K.A. era un frequentatore abituale di un noto bar di Via Emilia Est: qui amava bere brandy “Stravecchio” fin dalle prime ore della mattina, raccontando alle bariste della grande casa che stava costruendo in Albania, di cercare una donna delle pulizie, intrattendendole anche con battute e convivialità.

In alcuni casi erano gli stessi genitori a spingere per l’arrivo dei figli: dopo i tre mesi di visto ritornavano a casa. In questo periodo lavoravano per lui, che si comportava come un vero e proprio datore di lavoro, promettendo laudi guadagni per il lavoro “temporaneo” al permesso di soggiorno.

In alcuni casi, quando il 42enne sospettava che qualche pusher facesse la cresta sul prezzo della dose di cocaina, ha preso provvedimento, facendo subito tornare i ragazzi in patria: “Per me torneranno in Albania a mangiare letame, perché non hanno la mia fiducia” riporta una delle intercettazioni. In un altro caso ha consigliato ad un suo parente di non fare arrivare il nipote, visto i troppi rischi che si correvano.
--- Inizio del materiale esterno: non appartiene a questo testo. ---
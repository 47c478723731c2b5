-- ===== src/Payment/Service.antt =====
-- services/payment-service/internal/application/service.go. `fetched` is the snapshot that the
-- booking service answers (`none` where it refuses or cannot be reached), `sha` the hexadecimal
-- SHA-256 sum, `md5` the upper-case MD5 sum, `to_upper` is `strings.ToUpper`.
pub mod Laws
use Prim.Native.String
use match_mate_dating_web.Base.{
  ℕ, ◌+◌, Bool, true, false, not, ◌&&◌, ◌||◌, Option, none, some, List, [], ◌∷◌, String, ◌==◌,
  string_eq,
}
use match_mate_dating_web.Base.Text.{◌<>◌}
use match_mate_dating_web.Base.Result.{Result, ok, err, fail_if, ◌>>=◌, ◌>>◌}
use match_mate_dating_web.Payment.Domain.{
  State, Payment, BookingSnapshot, Config, Notification, NotificationProblem, missing_field,
  merchant_mismatch, signature_mismatch, SnapshotProblem, validate_snapshot, verify_notification,
  request_hash,
}
use match_mate_dating_web.Payment.Store.{Db}
use match_mate_dating_web.Payment.Store
use match_mate_dating_web.Payment.Store.Callbacks
use match_mate_dating_web.Payment.Store.Checkouts

pub record Customer : Type 0 where
  pub first_name : String
  pub last_name : String
  pub email : String
  pub phone : String
  pub address : String
  pub city : String
  pub country : String

pub record Checkout : Type 0 where
  pub payment : Payment
  pub action_url : String
  pub fields : List (String × String)

pub data Error : Type 0 where
  missing_input missing_contact : Error
  booking_unavailable : Error
  refused : SnapshotProblem → Error
  store : Store.Error → Error

abbrev pub from_store : {A : Type 0} → Result Store.Error A → Result Error A
from_store (ok a) = ok a
from_store (err e) = err (store e)

abbrev pub from_snapshot : {A : Type 0} → Result SnapshotProblem A → Result Error A
from_snapshot (ok a) = ok a
from_snapshot (err e) = err (refused e)

abbrev pub fetched_or : Option BookingSnapshot → Result Error BookingSnapshot
fetched_or none = err booking_unavailable
fetched_or (some s) = ok s

abbrev pub lacks_contact : Customer → Bool
lacks_contact c =
    c.first_name == ""
    || (c.last_name == ""
        || (c.email == ""
            || (c.phone == "" || (c.address == "" || (c.city == "" || c.country == "")))))

-- The text that is hashed to the request's fingerprint, with NUL characters between its parts.
abbrev pub raw_request : String → String → Customer → String
raw_request nul booking c =
    booking <> nul <> c.first_name <> nul <> c.last_name <> nul <> c.email <> nul <> c.phone <> nul
    <> c.address <> nul <> c.city <> nul <> c.country

-- The payment that `Initiate` hands to the repository.
abbrev pub new_payment : (ℕ → String) → ℕ → BookingSnapshot → Payment
new_payment ids now s = record {
  id = ids 0;
  booking_id = s.booking_id;
  account_id = s.account_id;
  order_id = "MM-" <> ids 1;
  amount = s.amount;
  currency = s.currency;
  provider = "PAYHERE";
  provider_payment_id = "";
  state = State.pending;
  version = 1;
  created_at = now;
  updated_at = now;
  completed_at = none;
}

abbrev pub verification : Result NotificationProblem (Unit {0}) → String
verification (ok _) = "VERIFIED"
verification (err missing_field) = "REJECTED_missing required callback field"
verification (err merchant_mismatch) = "REJECTED_merchant mismatch"
verification (err signature_mismatch) = "REJECTED_signature mismatch"

-- What reaches the payment tables: checkouts, and the provider's notifications.
pub data Command : Type 0 where
  initiates :
      (ℕ → Bool)
      → (ℕ → String)
      → ℕ
      → Option BookingSnapshot
      → String
      → String
      → String
      → Customer
      → Command
  notifies : (ℕ → Bool) → (ℕ → String) → ℕ → Notification → Command

abbrev pub committed : {E A : Type 0} → Result E (A × Db) → Db → Db
committed (ok r) db = r.1
committed (err e) db = db

module _ (md5 sha to_upper : String → String) (nul : String) (config : Config)
    (urls : String × String × String) where
  -- The form that the browser posts to the provider.
  abbrev pub checkout_fields : Payment → Customer → List (String × String)
  checkout_fields p c =
      ("merchant_id", config.merchant_id)
      ∷ ("order_id", p.order_id)
      ∷ ("amount", p.amount)
      ∷ ("currency", p.currency)
      ∷ (
        "hash",
        request_hash md5 config.merchant_id p.order_id p.amount p.currency config.merchant_secret,
      )
      ∷ ("return_url", urls.0)
      ∷ ("cancel_url", urls.1)
      ∷ ("notify_url", urls.2)
      ∷ ("items", "MatchMate event booking")
      ∷ ("first_name", c.first_name)
      ∷ ("last_name", c.last_name)
      ∷ ("email", c.email)
      ∷ ("phone", c.phone)
      ∷ ("address", c.address)
      ∷ ("city", c.city)
      ∷ ("country", c.country)
      ∷ []

  unfoldable pub checkout : Customer → (Payment × Bool) × Db → Checkout × Db
  checkout c r = (
    record { payment = r.0.0; action_url = config.checkout_url; fields = checkout_fields r.0.0 c },
    r.1,
  )

  -- `Initiate`
  unfoldable pub initiate :
      (ℕ → Bool)
      → (ℕ → String)
      → ℕ
      → Option BookingSnapshot
      → String
      → String
      → String
      → Customer
      → Db
      → Result Error (Checkout × Db)
  initiate fault ids now fetched actor booking key customer db = do
    fail_if (booking == "" || key == "") missing_input
    fail_if (lacks_contact customer) missing_contact
    s ← fetched_or fetched
    from_snapshot (validate_snapshot s actor now)
    r ← from_store (
        Checkouts.initiate fault (λ n. ids (n + 2)) (new_payment ids now s) key
          (sha (raw_request nul booking customer)) db)
    ok (checkout customer r)

  -- `Callback`
  unfoldable pub callback :
      (ℕ → Bool)
      → (ℕ → String)
      → ℕ
      → Notification
      → Db
      → Result Store.Error ((Option Payment × Bool) × Db)
  callback fault ids now n db =
      Callbacks.apply_callback sha fault ids n
        (verification (verify_notification md5 to_upper n config)) now db

  unfoldable pub execute : Command → Db → Db
  execute (initiates fault ids now fetched actor booking key customer) db =
      committed (initiate fault ids now fetched actor booking key customer db) db
  execute (notifies fault ids now n) db = committed (callback fault ids now n db) db

  unfoldable pub run : List Command → Db → Db
  run [] db = db
  run (c ∷ cs) db = run cs (execute c db)
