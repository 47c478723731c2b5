-- ===== src/Payment/Store/Valid.antt =====
-- The invariant of the payment tables: one payment for a booking, and one final fact for a payment
-- that is settled.
use mathlib.Core.Path.{subst}
use match_mate_dating_web.Base.{
  ℕ, ◌≡◌, refl, ◌≢◌, Bool, true, false, ◌&&◌, ◌||◌, Option, none, some, [], ◌∷◌, String, arith,
  eq_iff, ◌==◌, string_eq, if◌then◌else◌, any, count, count-append, inl, inr, Bool-cases,
}
use match_mate_dating_web.Base.Tables.{
  find, find-append, find-none-any, find-update_row, find-update_row_other, All-found,
}
use match_mate_dating_web.Base.Keys.{
  HasUniqueKeys, HasUniqueKeys-append, HasUniqueKeys-update_row, HasUniqueKeys-find,
}
use match_mate_dating_web.Payment.Domain.{State, Payment, Notification, is_pending}
use match_mate_dating_web.Payment.Store.{Db, Fact, has_id, collides, payment_fact}
use match_mate_dating_web.Payment.Store.Checkouts.{new_row, initiated}
use match_mate_dating_web.Payment.Store.Callbacks.{
  settled, settle_row, changes, next_state, callback_event,
}

-- A fact that tells other services how a payment ended.
abbrev pub is_final : String → Fact → Bool
is_final id f =
    f.aggregate_id == id
    && (f.event_type == "PaymentCompleted"
        || (f.event_type == "PaymentFailed" || f.event_type == "PaymentReviewRequired"))

abbrev pub settlements : Option Payment → ℕ
settlements none = 0
settlements (some p) = if is_pending p.state then 0 else 1

pub record IsValid (db : Db) : Type 0 where
  pub unique_ids : HasUniqueKeys (λ p. p.id) db.payments
  pub unique_bookings : HasUniqueKeys (λ p. p.booking_id) db.payments
  pub announced :
      (id : String) → count (is_final id) db.outbox ≡ settlements (find (has_id id) db.payments)

-- A row that any search finds is the one that its identifier finds.
pub found-by_id :
    (db : Db)
    → IsValid db
    → (q : Payment → Bool) (p : Payment) → find q db.payments ≡ some p
    → find (has_id p.id) db.payments ≡ some p
found-by_id db valid q p found =
    All-found (λ a. find (has_id a.id) db.payments ≡ some a) q db.payments p
      (HasUniqueKeys-find (λ a. a.id) db.payments valid.unique_ids) found

module _ (ids : ℕ → String) (p : Payment) (key fingerprint : String) (db : Db)
    (free : any (collides p) db.payments ≡ false) (valid : IsValid db) where
  no_id : find (has_id p.id) db.payments ≡ none
  no_id = find-none-any (collides p) (has_id p.id) db.payments (λ a h. ground (arith, h)) free

  no_booking : find (λ a. a.booking_id == p.booking_id) db.payments ≡ none
  no_booking =
      find-none-any (collides p) (λ a. a.booking_id == p.booking_id) db.payments
        (λ a h. ground (arith, h)) free

  initiated-announced :
      (id : String)
      → count (is_final id) (initiated ids p key fingerprint db).outbox
        ≡ settlements (find (has_id id) (initiated ids p key fingerprint db).payments)
  initiated-announced id = ground (
    arith,
    valid.announced id,
    no_id,
    eq_iff p.id id,
    find-append (has_id id) db.payments (new_row p),
    count-append (is_final id) db.outbox
        (payment_fact (ids 1) "PaymentInitiated" p p.account_id p.created_at ∷ []),
  )

  pub initiated-IsValid : IsValid (initiated ids p key fingerprint db)
  initiated-IsValid = record {
    unique_ids = HasUniqueKeys-append (λ a. a.id) db.payments (new_row p) valid.unique_ids no_id;
    unique_bookings =
        HasUniqueKeys-append (λ a. a.booking_id) db.payments (new_row p) valid.unique_bookings
          no_booking;
    announced = initiated-announced;
  }

module _ (ids : ℕ → String) (n : Notification) (verification : String) (now : ℕ) (p : Payment)
    (db : Db) (found : find (has_id p.id) db.payments ≡ some p)
    (moves : changes n verification p ≡ true) (valid : IsValid db) where
  abbrev next : State
  next = next_state n verification p

  final_fact :
      (id : String) (s : State)
      → is_pending s ≡ false
      → is_final id (payment_fact (ids 2) (callback_event s) p "system:payhere" now) ≡ (p.id == id)
  final_fact id State.pending h = cc
  final_fact id State.completed h = ground arith
  final_fact id State.failed h = ground arith
  final_fact id State.review h = ground arith

  settled-announced_own :
      count (is_final p.id) (settled ids n verification now p db).outbox
      ≡ settlements (find (has_id p.id) (settled ids n verification now p db).payments)
  settled-announced_own = ground (
    arith,
    valid.announced p.id,
    moves,
    found,
    eq_iff p.id p.id,
    final_fact p.id next (ground (arith, moves)),
    find-update_row (has_id p.id) (settle_row next n.payment_id now) db.payments p found,
    count-append (is_final p.id) db.outbox
        (payment_fact (ids 2) (callback_event next) p "system:payhere" now ∷ []),
  )

  settled-announced_other :
      (id : String)
      → p.id ≢ id
      → count (is_final id) (settled ids n verification now p db).outbox
        ≡ settlements (find (has_id id) (settled ids n verification now p db).payments)
  settled-announced_other id ne =
      let same_rows =
        find-update_row_other (has_id p.id) (has_id id) (settle_row next n.payment_id now)
          db.payments (λ a h. ground (arith, h, eq_iff a.id p.id, eq_iff a.id id)) in
      ground (
        arith,
        valid.announced id,
        moves,
        same_rows,
        eq_iff p.id id,
        final_fact id next (ground (arith, moves)),
        count-append (is_final id) db.outbox
            (payment_fact (ids 2) (callback_event next) p "system:payhere" now ∷ []),
      )

  pub settled-IsValid : IsValid (settled ids n verification now p db)
  settled-IsValid = record {
    unique_ids =
        HasUniqueKeys-update_row (λ a. a.id) (has_id p.id) (settle_row next n.payment_id now)
          db.payments (λ a. refl) valid.unique_ids;
    unique_bookings =
        HasUniqueKeys-update_row (λ a. a.booking_id) (has_id p.id)
          (settle_row next n.payment_id now) db.payments (λ a. refl) valid.unique_bookings;
    announced = λ id. elim (Bool-cases (p.id == id)) [
      | inl same ↦
          subst
            (λ k.
              count (is_final k) (settled ids n verification now p db).outbox
              ≡ settlements (find (has_id k) (settled ids n verification now p db).payments))
            ((eq_iff p.id id).0 same) settled-announced_own
      | inr other ↦ settled-announced_other id (ground (arith, eq_iff p.id id))
    ];
  }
Ma il 42enne era “uomo d’affari” senza scrupoli. Dopo l’arresto di due suoi cavallini, per esempio, queste le parole che i militari hanno intercettato: “Non me ne frega un c…o di loro. Io non ho paura di nessuno”. Sfrontato, irriverente, senza nessuna paura delle forze dell’ordine. Questo quanto emerso dalle indagini.

Nessuno, secondo l’albanese, avrebbe potuto risalire a lui. Il suo nome non compariva nel trasferimento del denaro, lui non si occupava di spacciare in strada, non era lui che andava a prendere all’aeroporto i ragazzi. Non rintracciabile quindi, tranne che dai Carabinieri, risaliti a lui solo dopo un lungo lavoro.

In carcere, oltre a K.A., tre “cavallini”: B.F, 25 anni, T.K, 23, S.H, 26, tutti albanesi, tutti provenienti dallo stesso paese di K.A.

Altri due sono ricercati, probabilmente già rientrati in patria, tre persone sono invece state denunciate per riciclaggio (il trasferimento del denaro in Albania) e favoreggiamento: uno di essi era l’intestatario del contratto di affitto degli appartamenti.